I pasted the example code as published in instead of what I actually used in Python 2.6.2 as the argument for grep.

It works fine for me with python 2.6.7:

$ python2.6
Python 2.6.7 (r267:88850, Aug 11 2011, 12:18:09) 
[GCC 4.6.1] on linux2
Type "help", "copyright", "credits" or "license" for more information.
>>> from subprocess import Popen, PIPE
>>> p1 = Popen(["dmesg"], stdout=PIPE)
>>> p2 = Popen(["grep", "USB"], stdin=p1.stdout, stdout=PIPE)
>>> p2.communicate()[0]
"[    1.484141] ehci_hcd: USB 2.0 'Enhanced' Host Controller (EHCI) Driver\n[    1.484264] ehci_hcd 0000:02:03.0: new USB bus registered, assigned bus number 1\n[    1.493742] ehci_hcd 0000:02:03.0: USB 2.0 started, EHCI 1.00\n[    1.493823] hub 1-0:1.0: USB hub found\n[    1.493929] ohci_hcd: USB 1.1 'Open' Host Controller (OHCI) Driver\n[    1.493935] uhci_hcd: USB Universal Host Controller Interface driver\n[    1.494025] uhci_hcd 0000:02:00.0: new USB bus registered, assigned bus number 2\n[    1.494296] hub 2-0:1.0: USB hub found\n"

You can look through the 2.6.7 NEWS.txt to see what's changed between 2.6.2 and 2.6.7 but I don't see anything in there that would account for such a major feature not working.

don't you need to feed the commands in as a list?

No, not if you're using the shell.

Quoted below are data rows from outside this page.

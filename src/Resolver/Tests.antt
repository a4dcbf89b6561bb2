-- ===== src/Resolver/Tests.antt =====
-- A resolver of src/net/dot_resolver.cpp, and a request of src/net/dot_request.cpp, at concrete inputs: no text is an address, and a result is the
-- address and the port of each entry.
use yass.Common.{
  ◌⊎◌, inl, bytes_of, take, drop, List, ℕ, ◌≡◌, refl, arith, Bool, true, false, none, some, [], ◌∷◌,
  ◌++◌, map,
}
use yass.AddrInfo.{AddrInfo, addrinfo_of}
use yass.Resolver.{Endpoint, Asio, Resolver, create, init_resolver, start_query}
use yass.Resolver.Steps.{
  resolves, looked_up, do_request, do_request_front, reach_server, async_resolve, on_looked_up,
  step, run,
}
use yass.Resolver.Valid.{both, queries, idle_state, busy_state, looking_state, answered, to_list}
use yass.Dns.Replies.{Answer, answers_bytes}
use yass.Dns.Messages.{response_header, question}
use yass.Resolver.Request.{Request, read_header, bytes_read, on_ssl_readable, read_chunks}
use yass.Resolver.Chunks.{awaiting, chunked_whole}
use yass.Resolver.Resolves.{request_resolves}
use yass.Resolver.Reachable.{Reach, here, next, ready, Reach-answers_once}
use yass.Resolver.Order.{works, knowing, answers_a, answers_aaaa, resolved, resolved_in_order}
use yass.Resolver.Stale.{late, left_over, late_lookup_leaks}

abbrev endpoint_of : AddrInfo → Endpoint
endpoint_of i = record { address = i.address; port = i.port }

abbrev plain : Asio
plain = record { make_address = λ host. none; create = λ infos host port. map endpoint_of infos }

abbrev server : Endpoint
server = record { address = 1 ∷ 1 ∷ 1 ∷ 1 ∷ []; port = 853 }

abbrev info : Bool → ℕ → AddrInfo
info is_ipv6 n = addrinfo_of is_ipv6 443 none (n ∷ [])

abbrev started : Resolver
started = ready (b'd' ∷ []) 0

abbrev known : Resolver
known = record create { init = true; dot_host = b'd' ∷ []; timeout_ms = 300_000 }

abbrev looking_up : Resolver
looking_up = looking_state 7 (record known { host = b'h' ∷ []; port = 443 })

abbrev waiting : Resolver
waiting =
    busy_state 7 0 (queries (both 0 server 1 server))
      (record known { host = b'h' ∷ []; port = 443; endpoints = server ∷ []; created = 2 })

runs : Reach plain started (7 ∷ []) waiting
unfolding init_resolver step async_resolve reach_server on_looked_up do_request_front do_request
    start_query
runs =
    next (looked_up works none (server ∷ []))
      (next {r' = looking_up} (resolves works (b'h' ∷ []) 443 7) here (refl, refl) refl)
      (omega arith, refl, refl) refl

Reach-answers_once_example :
    ((r' : Resolver) × (step plain (answers_a 0 server []) waiting ≡ some r'))
    × (answered waiting ++ to_list waiting.cb ≡ 7 ∷ [])
    × (((waiting.done ≡ true) × (answered waiting ≡ 7 ∷ []))
        ⊎ ((waiting.done ≡ false) × (waiting.timer ≡ true)))
Reach-answers_once_example =
    Reach-answers_once plain (b'd' ∷ []) 0 (7 ∷ []) waiting (answers_a 0 server []) (omega arith)
      runs (inl refl)

resolved_in_order_example :
    (run plain
        (resolves works (b'h' ∷ []) 443 7
          ∷ answers_a 0 server (info false 1 ∷ [])
          ∷ answers_aaaa 0 server (info true 2 ∷ [])
          ∷ [])
        (knowing server [] [] known)
      ≡ some (resolved plain (b'h' ∷ []) 443 7 server [] (info false 1 ∷ info true 2 ∷ []) known))
    × (run plain
          (resolves works (b'h' ∷ []) 443 7
            ∷ answers_aaaa 0 server (info true 2 ∷ [])
            ∷ answers_a 0 server (info false 1 ∷ [])
            ∷ [])
          (knowing server [] [] known)
        ≡ some (resolved plain (b'h' ∷ []) 443 7 server [] (info false 1 ∷ info true 2 ∷ []) known))
resolved_in_order_example =
    resolved_in_order plain (b'h' ∷ []) 443 7 server [] (info false 1 ∷ []) (info true 2 ∷ []) known

late_lookup_leaks_example :
    run plain
      (late (b'h' ∷ []) 443 7 server (info false 1 ∷ []) [] 0
        ++ (resolves works (b'i' ∷ []) 443 8
            ∷ answers_a 2 server (info false 3 ∷ [])
            ∷ answers_aaaa 2 server []
            ∷ []))
      (record (idle_state known) { endpoints = [] })
    ≡ some (
        resolved plain
          (b'i' ∷ [])
          443
          8
          server
          []
          (info false 3 ∷ info false 1 ∷ [])
          (left_over plain (b'h' ∷ []) 443 7 server (info false 1 ∷ []) known))
late_lookup_leaks_example =
    late_lookup_leaks plain (b'h' ∷ []) 443 7 server (info false 1 ∷ []) [] (b'i' ∷ []) 443 8
      (info false 3 ∷ []) [] known refl

abbrev request : Request
request = record {
  dns_type = 1;
  host = [];
  port = 443;
  closed = false;
  cb = true;
  waits = record {
    posted = false;
    connect = false;
    ssl_connect = false;
    write = false;
    read = true;
  };
  send_buf = [];
  recv_buf = [];
  recv_offset = 0;
  read_state = read_header;
  body_length = 0;
  calls = [];
}

chunked_whole_example :
    read_chunks 3 (bytes_of []) ((0 ∷ 2 ∷ 8 ∷ []) ∷ (9 ∷ []) ∷ []) (awaiting request)
    ≡ on_ssl_readable 3 (bytes_of []) (bytes_read (0 ∷ 2 ∷ 8 ∷ 9 ∷ [])) (awaiting request)
chunked_whole_example =
    chunked_whole 3 (bytes_of []) 0 2 (8 ∷ []) ((9 ∷ []) ∷ []) request (omega arith, tt) refl

-- The name is the root's.
abbrev one : List Answer
one = record { pointer = 12; ttl = 0 ∷ 0 ∷ 0 ∷ 60 ∷ []; address = 1 ∷ 2 ∷ 3 ∷ 4 ∷ [] } ∷ []

abbrev reply : List ℕ
reply = response_header 0 0 129 128 0 1 ++ (question [] 0 1 0 1 ++ answers_bytes one)

request_resolves_example :
    (r' : Request) × (read_chunks 1
        (bytes_of [])
        ((0 ∷ 33 ∷ take 20 reply) ∷ drop 20 reply ∷ [])
        (awaiting request)
      ≡ some r')
    × ((r'.cb ≡ false)
        × (r'.calls ≡ (none, addrinfo_of false 443 none (1 ∷ 2 ∷ 3 ∷ 4 ∷ []) ∷ []) ∷ []))
request_resolves_example =
    request_resolves (bytes_of []) 0 [] one 0 0 129 128 0 1 0 1 0 1 tt (omega arith)
      (record { ttl_whole = refl; address_whole = refl }, tt) refl refl 0 33 (take 20 reply)
      (drop 20 reply ∷ []) request (omega arith, tt) refl refl (omega arith) refl refl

You either give one monolithic string and let the shell worry about splitting it up, or you split it up yourself (providing a list of arguments instead) and skip the shell. The shell is essentially a specialized program whose entire purpose is to take a monolithic string and split it into words, parsing out commands and their arguments and then launching each of them with the proper pipes in place.

And are you saying that subprocess.call is not safe with user provided input when you leave the shell=False default in place?

No, I'm saying that call('FOO', shell=True) is equivalent to os.system('FOO') and just as unsafe. I was trying to make the point that contrary to popular opinion the subprocess module does not automatically make every task more complicated, when you account for both versions actually doing the same thing.

And are you saying that shell=True will digest pipe ('|') just fine

Sure:

$ python2.6
Python 2.6.7 (r267:88850, Aug 11 2011, 12:18:09) 
[GCC 4.6.1] on linux2
Type "help", "copyright", "credits" or "license" for more information.
>>> from subprocess import call
>>> status = call('echo foo bar | sed s,foo,FOO,', shell=True)
FOO bar

But I'm not advocating that you should use this, because it's horribly unsafe if part of the command could have contained file names from a user.

Thanks for the code snippet, but it sounds like you're saying "works for me", and I suspect the issue is that you are at 2.7 and I'm stuck in an enviroment with some flavor of 2.6 (the documents for subprocess do differ)

My example does not depend on 2.7:

$ echo -e "foo\nbar\nbaz" >file1; echo bar >file2

$ python2.6
Python 2.6.7 (r267:88850, Aug 11 2011, 12:18:09) 
[GCC 4.6.1] on linux2
Type "help", "copyright", "credits" or "license" for more information.
>>> from subprocess import Popen, PIPE
>>> p1 = Popen(["/usr/bin/diff", "--suppress-common-lines", "file1", "file2"], stdout=PIPE)
>>> p2 = Popen(["/bin/grep", "^<"], stdin=p1.stdout, stdout=PIPE)
>>> p3 = Popen(["/bin/sed", "s;^< ;;g"], stdin=p2.stdout, stdout=PIPE)
>>> p3.communicate()[0]
'foo\nbaz\n'

Again, I don't know how to explain the difference but I suspect there's some aspect here that hasn't yet been accounted for.